Todos los sistemas de medicina se concentran en enseñar a los médicos, el uso de remedios o terapias para “curar” enfermedades. Este objetivo es imposible, pues no hay remedios “mágicos” que al “inyectarnos”, nos hagan cambiar nuestras malas y pésimas costumbres. Por ejemplo, existen costumbres que provocan la gastritis y úlcera, como comer a diario en exceso, al apuro, y comidas pesadas. Intentar “curar” estas afecciones es absurdo sin cambiar esas malas costumbres. Del mismo modo, existen costumbres que provocan el cáncer, inmunodeficiencias, sida, asma, diabetes, alergias, y todas las enfermedades. Esta toma de conciencia es primordial, antes que buscar curar y curar.

Las universidades no transmiten educación para llevar una vida saludable y preventiva. Por eso, pacientes y médicos acabamos convertidos en eternos clientes, consumistas de remedios químicos o naturales, de cirugías y decenas de terapias “milagrosas”, que solo traen alivios pasajeros y agravamiento posterior.

Con frecuencia recibo en mi consultorio a pacientes y médicos que vienen cansados de deambular por consultorios, decepcionados con los resultados, con economía gastada sin eficiencia, angustiados por el avance de la afección, desanimados por no ver la salida, sufriendo cada vez más, sin claridad sobre el origen de su enfermedad.

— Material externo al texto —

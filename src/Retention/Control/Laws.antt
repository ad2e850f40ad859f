-- ===== src/Retention/Control/Laws.antt =====
-- What a hold reads after `set_control`, and the schema's constraints on `retention_controls`.
use mailarchive.Base.{
  ◌≡◌, ◌⊎◌, refl, Bool, true, false, not, ◌&&◌, ◌||◌, Option, none, some, String, List, [], ◌∷◌,
  arith, str_eq, eq_iff, if◌then◌else◌, inl, inr, Bool-cases,
}
use mailarchive.Base.Lists.{filter}
use mailarchive.Base.Rows.{update_where}
use mailarchive.Db.{ControlRow}
use mailarchive.Retention.Control.{
  Hold, keep_online, legal_hold, held, set_column, other, is_for, control_for, upsert, release,
  set_rows,
}

abbrev pub hold_eq : Hold → Hold → Bool
hold_eq keep_online keep_online = true
hold_eq legal_hold legal_hold = true
hold_eq _ _ = false

-- Whether a message is held, as the policy reads it.
abbrev pub value_of : Hold → Option ControlRow → Bool
value_of hold none = false
value_of hold (some row) = held hold row

abbrev pub is_held : Hold → String → List ControlRow → Bool
is_held hold id rows = value_of hold (control_for id rows)

is_held-upsert :
    (h hold : Hold) (j id reason now : String) (rows : List ControlRow)
    → is_held h j (upsert hold id reason now rows)
      ≡ (if str_eq id j && hold_eq hold h then true else is_held h j rows)
unfolding control_for upsert held
is_held-upsert keep_online keep_online j id reason now [] = ground arith
is_held-upsert h hold j id reason now [] = ground arith
is_held-upsert keep_online keep_online j id reason now (row ∷ rows) = ground (
  arith,
  eq_iff row.canonical_message_id id,
  eq_iff row.canonical_message_id j,
  eq_iff id j,
  is_held-upsert keep_online keep_online j id reason now rows,
)
is_held-upsert h hold j id reason now (row ∷ rows) = ground (
  arith,
  eq_iff row.canonical_message_id id,
  eq_iff row.canonical_message_id j,
  eq_iff id j,
  is_held-upsert h hold j id reason now rows,
)

control_for-delete :
    (j id : String) (rows : List ControlRow)
    → control_for j (filter (λ row. not (is_for id row)) rows)
      ≡ (if str_eq id j then none else control_for j rows)
unfolding control_for
control_for-delete j id [] = ground arith
control_for-delete j id (row ∷ rows) = ground (
  arith,
  eq_iff row.canonical_message_id id,
  eq_iff row.canonical_message_id j,
  eq_iff id j,
  control_for-delete j id rows,
)

abbrev touch : Hold → String → String → ControlRow → ControlRow
touch hold reason now r = set_column hold false (record r { reason = reason; updated_at = now })

is_held-update :
    (h hold : Hold) (j id reason now : String) (rows : List ControlRow)
    → is_held h j (update_where (is_for id) (touch hold reason now) rows)
      ≡ (if str_eq id j && hold_eq hold h then false else is_held h j rows)
unfolding control_for held set_column
is_held-update keep_online keep_online j id reason now [] = ground arith
is_held-update h hold j id reason now [] = ground arith
is_held-update keep_online keep_online j id reason now (row ∷ rows) = ground (
  arith,
  eq_iff row.canonical_message_id id,
  eq_iff row.canonical_message_id j,
  eq_iff id j,
  is_held-update keep_online keep_online j id reason now rows,
)
is_held-update h hold j id reason now (row ∷ rows) = ground (
  arith,
  eq_iff row.canonical_message_id id,
  eq_iff row.canonical_message_id j,
  eq_iff id j,
  is_held-update h hold j id reason now rows,
)

-- Where no row, or no other hold, is left, deleting the rows releases just the one hold.
is_held-delete :
    (h hold : Hold) (j id : String) (rows : List ControlRow)
    → is_held (other hold) id rows ≡ false
    → is_held h j (filter (λ row. not (is_for id row)) rows)
      ≡ (if str_eq id j && hold_eq hold h then false else is_held h j rows)
unfolding other
is_held-delete keep_online keep_online j id rows p =
    ground (arith, control_for-delete j id rows, eq_iff id j)
is_held-delete h hold j id rows p = ground (arith, control_for-delete j id rows, eq_iff id j)

release_missing :
    (hold : Hold) (id reason now : String) (rows : List ControlRow)
    → is_held (other hold) id rows ≡ false
    → release hold id reason now rows ≡ filter (λ row. not (is_for id row)) rows
unfolding release
release_missing hold id reason now rows p = ground arith

release_kept :
    (hold : Hold) (id reason now : String) (rows : List ControlRow)
    → is_held (other hold) id rows ≡ true
    → release hold id reason now rows ≡ update_where (is_for id) (touch hold reason now) rows
unfolding release
release_kept hold id reason now rows p = ground arith

-- After a hold is set or released, that hold of that message reads as it was set; every other
-- hold, and every hold of another message, reads as before.
pub is_held-set_rows :
    (enabled : Bool) (hold h : Hold) (id j reason now : String) (rows : List ControlRow)
    → is_held h j (set_rows enabled hold id reason now rows)
      ≡ (if str_eq id j && hold_eq hold h then enabled else is_held h j rows)
unfolding set_rows
is_held-set_rows true hold h id j reason now rows = is_held-upsert h hold j id reason now rows
is_held-set_rows false hold h id j reason now rows =
    elim (Bool-cases (is_held (other hold) id rows)) [
      | inl kept ↦
          rw (release_kept hold id reason now rows kept)
            (is_held-update h hold j id reason now rows)
      | inr last ↦
          rw (release_missing hold id reason now rows last) (is_held-delete h hold j id rows last)
    ]

-- The schema: the message is the primary key, and a row holds something.
abbrev pub IsValid : List ControlRow → Type 0
IsValid [] = Unit
IsValid (row ∷ rows) =
    (control_for row.canonical_message_id rows ≡ none)
    × ((row.keep_online || row.legal_hold) ≡ true)
    × IsValid rows

control_for-upsert_ne :
    (j : String) (hold : Hold) (id reason now : String) (rows : List ControlRow)
    → str_eq id j ≡ false
    → control_for j rows ≡ none
    → control_for j (upsert hold id reason now rows) ≡ none
unfolding control_for upsert
control_for-upsert_ne j keep_online id reason now [] p q = ground arith
control_for-upsert_ne j legal_hold id reason now [] p q = ground arith
control_for-upsert_ne j keep_online id reason now (row ∷ rows) p q =
    ground (arith, control_for-upsert_ne j keep_online id reason now rows p)
control_for-upsert_ne j legal_hold id reason now (row ∷ rows) p q =
    ground (arith, control_for-upsert_ne j legal_hold id reason now rows p)

upsert-IsValid :
    (hold : Hold) (id reason now : String) (rows : List ControlRow)
    → IsValid rows
    → IsValid (upsert hold id reason now rows)
unfolding control_for upsert
upsert-IsValid keep_online id reason now [] v = (refl, refl, tt)
upsert-IsValid legal_hold id reason now [] v = (refl, refl, tt)
upsert-IsValid keep_online id reason now (row ∷ rows) v = ground (
  arith,
  eq_iff row.canonical_message_id id,
  eq_iff id row.canonical_message_id,
  upsert-IsValid keep_online id reason now rows v.2,
  control_for-upsert_ne row.canonical_message_id keep_online id reason now rows,
)
upsert-IsValid legal_hold id reason now (row ∷ rows) v = ground (
  arith,
  eq_iff row.canonical_message_id id,
  eq_iff id row.canonical_message_id,
  upsert-IsValid legal_hold id reason now rows v.2,
  control_for-upsert_ne row.canonical_message_id legal_hold id reason now rows,
)

delete-IsValid :
    (id : String) (rows : List ControlRow)
    → IsValid rows
    → IsValid (filter (λ row. not (is_for id row)) rows)
delete-IsValid id [] v = tt
delete-IsValid id (row ∷ rows) v = ground (
  arith,
  delete-IsValid id rows v.2,
  control_for-delete row.canonical_message_id id rows,
  eq_iff id row.canonical_message_id,
)

control_for-update :
    (j id reason now : String) (hold : Hold) (rows : List ControlRow)
    → control_for j rows ≡ none
    → control_for j (update_where (is_for id) (touch hold reason now) rows) ≡ none
unfolding control_for set_column
control_for-update j id reason now hold [] p = refl
control_for-update j id reason now keep_online (row ∷ rows) p =
    ground (arith, control_for-update j id reason now keep_online rows)
control_for-update j id reason now legal_hold (row ∷ rows) p =
    ground (arith, control_for-update j id reason now legal_hold rows)

-- No row but the found one is for the message, so each touched row keeps its other hold.
update-IsValid :
    (hold : Hold) (id reason now : String) (rows : List ControlRow)
    → IsValid rows
    → (control_for id rows ≡ none) ⊎ (is_held (other hold) id rows ≡ true)
    → IsValid (update_where (is_for id) (touch hold reason now) rows)
unfolding control_for set_column held other
update-IsValid hold id reason now [] v p = tt
update-IsValid keep_online id reason now (row ∷ rows) v p = ground (
  arith,
  eq_iff row.canonical_message_id id,
  control_for-update row.canonical_message_id id reason now keep_online rows,
  update-IsValid keep_online id reason now rows v.2,
)
update-IsValid legal_hold id reason now (row ∷ rows) v p = ground (
  arith,
  eq_iff row.canonical_message_id id,
  control_for-update row.canonical_message_id id reason now legal_hold rows,
  update-IsValid legal_hold id reason now rows v.2,
)

-- Setting and releasing holds keeps the table valid: one row for each message, and no row that
-- holds nothing.
pub set_rows-IsValid :
    (enabled : Bool) (hold : Hold) (id reason now : String) (rows : List ControlRow)
    → IsValid rows
    → IsValid (set_rows enabled hold id reason now rows)
unfolding set_rows
set_rows-IsValid true hold id reason now rows v = upsert-IsValid hold id reason now rows v
set_rows-IsValid false hold id reason now rows v =
    elim (Bool-cases (is_held (other hold) id rows)) [
      | inl kept ↦
          rw (release_kept hold id reason now rows kept)
            (update-IsValid hold id reason now rows v (inr kept))
      | inr last ↦ rw (release_missing hold id reason now rows last) (delete-IsValid id rows v)
    ]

El problema es grave, pues frente a los eternos fracasos en la curación suficiente de las enfermedades, los médicos oficiales y alternativos están adoptando cada vez más respuestas equivocadas, simplistas, parciales, fatalistas, y hasta algo absurdas, sobre la causa de nuestros males. Así, nos “explican” que sufrimos por enfermedades supuestamente genéticas, hereditarias, congénitas, virales, bacterianas, alérgicas, autoinmunitarias, de origen desconocido, ambientales, climáticas, posturales, accidentales, emocionales, por estrés, tensionales, psicosomáticas, psíquicas, etc. Todas estas respuestas superficiales, no tienen nada que ver con nuestras costumbres básicas de cuidado personal, solo nos alejan de la solución.

Por estas “explicaciones” que recibieron, muchos pacientes me cuentan que padecen de “diabetes emocional”, “hipertensión por estrés”, “gastritis psicosomática”, “asma ambiental”, “artritis autoinmunitaria”, “miomas o cáncer genéticos”, “obesidad hereditaria”, “cáncer de útero viral por HPV”, “rinitis alérgica”, “úlcera emocional”, “migraña familiar”, “inmunodeficiencia tensional”, “hígado graso de origen desconocido”, “elevado colesterol hereditario”. Atribuir nuestros males a causas externas o desconocidas es el error que nos condena a nunca poder curarnos.

Estas respuestas de los sistemas médicos son en verdad insuficientes, hacen que perdamos la esperanza de solución, nos mantienen confundidos, perdidos, nos inducen a resignarnos ante problemas “incurables”, “karmas” o “mandatos divinos incomprensibles”. Esto es así pues no podemos cambiar nuestros padres o abuelos, ni vivir en un mundo sin virus o cambios climáticos. Tampoco podemos vivir en una casa, ciudad y trabajo, donde solo existan paz y amor.

Claro que todos los factores externos anteriores tienen incidencia y participación en nuestras afecciones, pero es vital confirmar que no son su causa principal, la cual, nos compete a nosotros. Nuestra salud, amor, paz, libertad, alegría, felicidad, dependen mucho más de nosotros que de cualquier otra persona o condición externa. ¡Esta es la realidad maravillosa!

Tomar conciencia de que somos nosotros los causantes de nuestros males, puede sonar angustiante para algunas personas, que por inseguridad dudan poder cambiar malos hábitos y modo de vida. Les animo profundamente a comprobar que pueden hacerlo, les envío mi hondo mensaje de esperanza. El cambio personal no es tan difícil, solo necesitamos constancia y buscar la guía apropiada. Aprender el cuidado personal no toma tres meses, pero con los años encontramos resultados garantizados, felices, extraordinarios.